> **RECORDS FOR THIS TASK**:

********************

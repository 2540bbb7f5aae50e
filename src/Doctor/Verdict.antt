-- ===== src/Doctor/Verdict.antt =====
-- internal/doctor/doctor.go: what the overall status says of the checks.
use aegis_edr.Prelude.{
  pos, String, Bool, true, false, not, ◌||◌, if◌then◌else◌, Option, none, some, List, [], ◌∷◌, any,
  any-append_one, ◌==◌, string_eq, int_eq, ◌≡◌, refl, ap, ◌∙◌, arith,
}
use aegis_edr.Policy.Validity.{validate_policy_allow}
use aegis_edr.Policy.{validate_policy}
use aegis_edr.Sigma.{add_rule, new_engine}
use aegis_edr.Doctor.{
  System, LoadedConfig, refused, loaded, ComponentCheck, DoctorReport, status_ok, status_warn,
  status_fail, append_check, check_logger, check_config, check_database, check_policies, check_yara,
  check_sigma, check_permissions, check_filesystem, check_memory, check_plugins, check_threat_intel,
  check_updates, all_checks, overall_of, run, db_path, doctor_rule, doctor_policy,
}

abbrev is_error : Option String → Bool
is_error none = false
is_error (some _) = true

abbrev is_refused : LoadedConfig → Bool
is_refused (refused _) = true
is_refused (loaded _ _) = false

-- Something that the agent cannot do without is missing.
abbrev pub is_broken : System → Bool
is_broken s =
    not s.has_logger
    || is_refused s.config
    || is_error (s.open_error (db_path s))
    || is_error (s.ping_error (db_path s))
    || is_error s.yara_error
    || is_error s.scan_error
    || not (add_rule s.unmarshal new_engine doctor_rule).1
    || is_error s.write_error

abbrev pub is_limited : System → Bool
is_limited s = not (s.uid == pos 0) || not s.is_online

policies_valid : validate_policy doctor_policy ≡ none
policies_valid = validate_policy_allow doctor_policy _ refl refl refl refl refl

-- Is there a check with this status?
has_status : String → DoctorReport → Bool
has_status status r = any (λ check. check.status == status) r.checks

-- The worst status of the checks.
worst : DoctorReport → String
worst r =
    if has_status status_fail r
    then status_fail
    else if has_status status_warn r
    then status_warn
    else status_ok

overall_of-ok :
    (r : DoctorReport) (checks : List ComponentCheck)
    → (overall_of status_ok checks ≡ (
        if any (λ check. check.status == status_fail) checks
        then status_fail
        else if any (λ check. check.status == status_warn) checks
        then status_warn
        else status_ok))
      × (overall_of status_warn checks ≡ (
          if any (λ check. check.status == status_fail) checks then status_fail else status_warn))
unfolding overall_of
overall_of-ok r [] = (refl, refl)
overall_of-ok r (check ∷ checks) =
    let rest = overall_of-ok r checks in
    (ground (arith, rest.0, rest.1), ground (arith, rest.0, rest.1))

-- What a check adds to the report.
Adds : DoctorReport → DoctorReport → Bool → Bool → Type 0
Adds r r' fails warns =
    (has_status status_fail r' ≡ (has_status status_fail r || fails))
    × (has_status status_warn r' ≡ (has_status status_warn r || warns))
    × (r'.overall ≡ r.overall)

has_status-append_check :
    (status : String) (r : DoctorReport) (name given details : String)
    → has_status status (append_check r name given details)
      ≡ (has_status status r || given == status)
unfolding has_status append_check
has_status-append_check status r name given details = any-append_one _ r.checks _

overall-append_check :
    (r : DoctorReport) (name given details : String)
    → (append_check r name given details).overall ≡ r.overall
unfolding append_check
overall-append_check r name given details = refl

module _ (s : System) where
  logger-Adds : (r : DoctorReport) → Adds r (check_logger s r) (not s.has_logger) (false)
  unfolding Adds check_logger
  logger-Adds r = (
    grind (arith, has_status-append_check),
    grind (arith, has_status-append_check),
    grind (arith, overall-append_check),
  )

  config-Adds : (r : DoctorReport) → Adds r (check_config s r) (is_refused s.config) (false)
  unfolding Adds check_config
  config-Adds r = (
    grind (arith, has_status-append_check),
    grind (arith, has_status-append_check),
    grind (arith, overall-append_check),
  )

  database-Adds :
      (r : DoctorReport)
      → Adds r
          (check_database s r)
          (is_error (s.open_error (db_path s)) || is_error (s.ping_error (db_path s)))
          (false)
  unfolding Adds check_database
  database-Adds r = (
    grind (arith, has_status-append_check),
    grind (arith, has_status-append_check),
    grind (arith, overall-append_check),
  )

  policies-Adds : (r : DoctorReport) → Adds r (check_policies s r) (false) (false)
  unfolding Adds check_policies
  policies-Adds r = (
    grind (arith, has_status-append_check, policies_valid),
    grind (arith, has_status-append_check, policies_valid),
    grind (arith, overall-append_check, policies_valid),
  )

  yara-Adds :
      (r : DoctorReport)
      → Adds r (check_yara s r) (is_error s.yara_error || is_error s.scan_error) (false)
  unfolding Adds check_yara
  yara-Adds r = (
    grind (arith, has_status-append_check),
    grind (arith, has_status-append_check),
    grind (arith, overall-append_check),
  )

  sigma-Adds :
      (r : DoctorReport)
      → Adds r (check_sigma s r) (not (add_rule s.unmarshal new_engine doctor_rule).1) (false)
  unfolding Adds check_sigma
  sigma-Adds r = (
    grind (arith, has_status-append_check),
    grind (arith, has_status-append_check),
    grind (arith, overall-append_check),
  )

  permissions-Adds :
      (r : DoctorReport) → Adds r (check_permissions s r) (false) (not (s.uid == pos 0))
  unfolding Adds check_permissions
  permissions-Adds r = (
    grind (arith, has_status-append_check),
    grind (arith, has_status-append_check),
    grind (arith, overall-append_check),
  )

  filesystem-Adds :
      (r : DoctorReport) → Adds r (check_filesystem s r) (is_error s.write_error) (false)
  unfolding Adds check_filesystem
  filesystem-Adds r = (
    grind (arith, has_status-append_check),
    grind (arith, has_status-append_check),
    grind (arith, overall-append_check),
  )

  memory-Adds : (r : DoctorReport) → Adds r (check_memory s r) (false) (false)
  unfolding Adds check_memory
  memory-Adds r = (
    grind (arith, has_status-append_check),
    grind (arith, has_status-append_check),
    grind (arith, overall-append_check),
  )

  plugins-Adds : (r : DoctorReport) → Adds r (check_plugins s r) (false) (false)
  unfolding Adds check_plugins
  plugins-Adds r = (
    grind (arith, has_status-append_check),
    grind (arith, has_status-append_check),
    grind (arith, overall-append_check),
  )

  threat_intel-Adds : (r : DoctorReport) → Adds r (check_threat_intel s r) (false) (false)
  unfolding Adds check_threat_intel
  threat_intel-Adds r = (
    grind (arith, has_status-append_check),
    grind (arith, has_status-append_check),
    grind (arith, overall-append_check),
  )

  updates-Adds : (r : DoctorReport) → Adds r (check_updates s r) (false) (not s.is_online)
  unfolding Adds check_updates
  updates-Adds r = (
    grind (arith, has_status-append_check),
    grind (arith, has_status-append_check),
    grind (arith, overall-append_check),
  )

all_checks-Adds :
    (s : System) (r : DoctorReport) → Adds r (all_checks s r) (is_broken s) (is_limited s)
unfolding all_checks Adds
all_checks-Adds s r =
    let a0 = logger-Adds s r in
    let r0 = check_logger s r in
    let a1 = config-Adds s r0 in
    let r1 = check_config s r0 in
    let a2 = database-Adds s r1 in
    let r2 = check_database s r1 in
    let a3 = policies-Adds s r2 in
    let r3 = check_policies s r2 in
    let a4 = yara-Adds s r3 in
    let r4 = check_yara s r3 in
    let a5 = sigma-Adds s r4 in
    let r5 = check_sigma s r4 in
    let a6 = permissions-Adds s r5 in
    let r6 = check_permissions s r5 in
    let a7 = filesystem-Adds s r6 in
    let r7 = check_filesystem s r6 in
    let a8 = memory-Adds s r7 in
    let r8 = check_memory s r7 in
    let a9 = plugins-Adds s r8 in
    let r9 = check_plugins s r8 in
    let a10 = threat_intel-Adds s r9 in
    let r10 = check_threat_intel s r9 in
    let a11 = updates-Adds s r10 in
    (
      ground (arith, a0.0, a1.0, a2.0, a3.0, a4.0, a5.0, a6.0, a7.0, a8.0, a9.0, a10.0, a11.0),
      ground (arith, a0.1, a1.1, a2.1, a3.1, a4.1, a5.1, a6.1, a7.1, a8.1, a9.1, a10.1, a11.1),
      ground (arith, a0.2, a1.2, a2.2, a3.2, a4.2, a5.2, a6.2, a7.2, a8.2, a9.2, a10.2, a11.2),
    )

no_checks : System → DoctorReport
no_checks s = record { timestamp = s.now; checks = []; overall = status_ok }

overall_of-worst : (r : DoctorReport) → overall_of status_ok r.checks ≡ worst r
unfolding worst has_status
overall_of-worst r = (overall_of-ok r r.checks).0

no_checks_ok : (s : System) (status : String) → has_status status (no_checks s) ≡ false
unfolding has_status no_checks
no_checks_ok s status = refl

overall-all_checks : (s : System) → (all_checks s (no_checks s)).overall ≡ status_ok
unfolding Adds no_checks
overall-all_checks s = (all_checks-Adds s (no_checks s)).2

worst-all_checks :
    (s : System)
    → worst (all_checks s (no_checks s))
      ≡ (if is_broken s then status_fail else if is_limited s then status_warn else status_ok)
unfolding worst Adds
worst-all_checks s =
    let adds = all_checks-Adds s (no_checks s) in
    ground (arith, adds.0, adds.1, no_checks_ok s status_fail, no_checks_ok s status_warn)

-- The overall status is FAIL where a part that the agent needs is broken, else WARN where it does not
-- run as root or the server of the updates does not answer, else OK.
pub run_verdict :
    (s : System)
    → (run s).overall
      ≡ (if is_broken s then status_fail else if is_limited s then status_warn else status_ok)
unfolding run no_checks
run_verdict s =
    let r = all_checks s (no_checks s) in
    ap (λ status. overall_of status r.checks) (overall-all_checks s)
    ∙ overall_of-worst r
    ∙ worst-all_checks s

********************

> **PROBLEM DETAILS**: Gather all lines from the records above in which "else" appears.

> **RESPONSE FOR THIS EXERCISE**:
  pos, String, Bool, true, false, not, ◌||◌, if◌then◌else◌, Option, none, some, List, [], ◌∷◌, any,
    else if has_status status_warn r
    else status_ok
        else if any (λ check. check.status == status_warn) checks
        else status_ok))
          if any (λ check. check.status == status_fail) checks then status_fail else status_warn))
      ≡ (if is_broken s then status_fail else if is_limited s then status_warn else status_ok)
-- The overall status is FAIL where a part that the agent needs is broken, else WARN where it does not
-- run as root or the server of the updates does not answer, else OK.
      ≡ (if is_broken s then status_fail else if is_limited s then status_warn else status_ok)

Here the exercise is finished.